I’m not going to go through the whole process here, you’ll have to decide whether to use all beef, beef and pork, or poultry as a meat base, and whether to grind it at home or purchase pre-ground meat. There are simple manual stuffing tools (I sometimes use a modified caulking gun), or attachments for devices like KitchenAid mixers. You’ll have to learn about and purchase casings, natural or made from collagen.
This article is just focused on the seasoning mix, a very traditional hot dog flavor. Here are the ingredients for 20 pounds of franks, cut down the recipe proportionately for less meat.

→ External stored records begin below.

-- ===== src/EventLog.antt =====
-- The event log in memory (session/eventlog.go). A session's log is one step at a time under its lock, and
-- a tail is the position that it reads next; the channel that a tail sends on takes what it is given.
pub mod Tails
mod Tests
use tacklr.Base.{
  ℕ, ◌+◌, ◌-◌, min, Bool, true, false, not, Option, none, some, List, [], ◌∷◌, ◌++◌, map, length,
  drop, keep, Bytes, codes, text_eq, Dict, lookup, insert, erase,
}

-- `logEntry`
pub record LogEntry (E : Type 0) : Type 0 where
  pub topic : Bytes
  pub ev : E

-- `sessionLog`: the entries are the events after `base`.
pub record SessionLog (E : Type 0) : Type 0 where
  pub entries : List (LogEntry E)
  pub base : ℕ
  pub closed : Bool

module _ {E : Type 0} where
  abbrev empty_log : SessionLog E
  empty_log = record { entries = []; base = 0; closed = false }

  abbrev log_at : Option (SessionLog E) → SessionLog E
  log_at none = empty_log
  log_at (some s) = s

  abbrev pub append_entry : LogEntry E → SessionLog E → SessionLog E
  append_entry e s = record s { entries = s.entries ++ e ∷ [] }

  -- `MemoryEventLog.Append`
  unfoldable pub append : Bytes → Bytes → E → Dict (SessionLog E) → Dict (SessionLog E)
  append id topic ev logs =
      insert id (append_entry (record { topic = topic; ev = ev }) (log_at (lookup id logs))) logs

  -- The position after the last event of a log.
  abbrev pub head_of : SessionLog E → ℕ
  head_of s = s.base + length s.entries

  -- `MemoryEventLog.Head`
  unfoldable pub head : Bytes → Dict (SessionLog E) → ℕ
  head id logs = elim (lookup id logs) [ none ↦ 0 | some s ↦ head_of s ]

  unfoldable pub trim_log : ℕ → SessionLog E → SessionLog E
  trim_log through s =
      let n = min (through - s.base) (length s.entries) in
      record s { entries = drop n s.entries; base = s.base + n }

  -- `MemoryEventLog.Trim`
  unfoldable pub trim : Bytes → ℕ → Dict (SessionLog E) → Dict (SessionLog E)
  unfolding trim_log
  trim id through logs = elim (lookup id logs) [
    | none ↦ logs
    | some s ↦ insert id (trim_log through s) logs
  ]

  -- What the tails of a dropped log find.
  abbrev pub close_log : SessionLog E → SessionLog E
  close_log s = record s { entries = []; closed = true }

  -- `MemoryEventLog.CloseSession`: the log is dropped, and closed for its tails (`close_log`).
  unfoldable pub close_session : Bytes → Dict (SessionLog E) → Dict (SessionLog E)
  close_session id logs = erase id logs

  -- The events that a tail sends of some entries: those of retries are not sent.
  abbrev pub sent : List (LogEntry E) → List E
  sent es =
      map (λ (e : LogEntry E). e.ev)
        (keep (λ (e : LogEntry E). not (text_eq e.topic (codes "retry"))) es)

  -- A round of the loop of `Subscribe`: what it sends, and the position it reads next. `none`: the log
  -- is closed, and the tail ends.
  unfoldable pub read_tail : ℕ → SessionLog E → Option (List E × ℕ)
  read_tail next s = elim s.closed [
    | true ↦ none
    | false ↦ some (sent (drop (min (next - s.base) (length s.entries)) s.entries), head_of s)
  ]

4 Level tsp. INSTACURE #1 (add only if smoking the sausages)
8 Tb. Paprika
12 Tb. Ground Mustard
2 tsp. Ground Black Pepper
2 tsp. Ground White Pepper
2 tsp. Ground Celery Seeds
2 Tb. Mace
2 tsp. Garlic Powder
8 Tb. Salt
4 Cups Non-Fat Dry Milk or Soy Protein Concentrate
8 Tb. Powdered Dextrose
4 Cups of Ice Water
Mix the dry ingredients and crush as needed with a mortar and pestle, and then you’re going to blend these ingredients into your meat mixture making sure it is thoroughly distributed throughout the slurry. You’ll be much happier if you allow the mix to sit in the frig overnight so that all the flavors fully take, but it’s not absolutely essential.
From there, you’ll embark on the stuffing part of the task, and either refrigerate the finished franks, freeze some, or put them on the smoker before storage for additional old world flavor.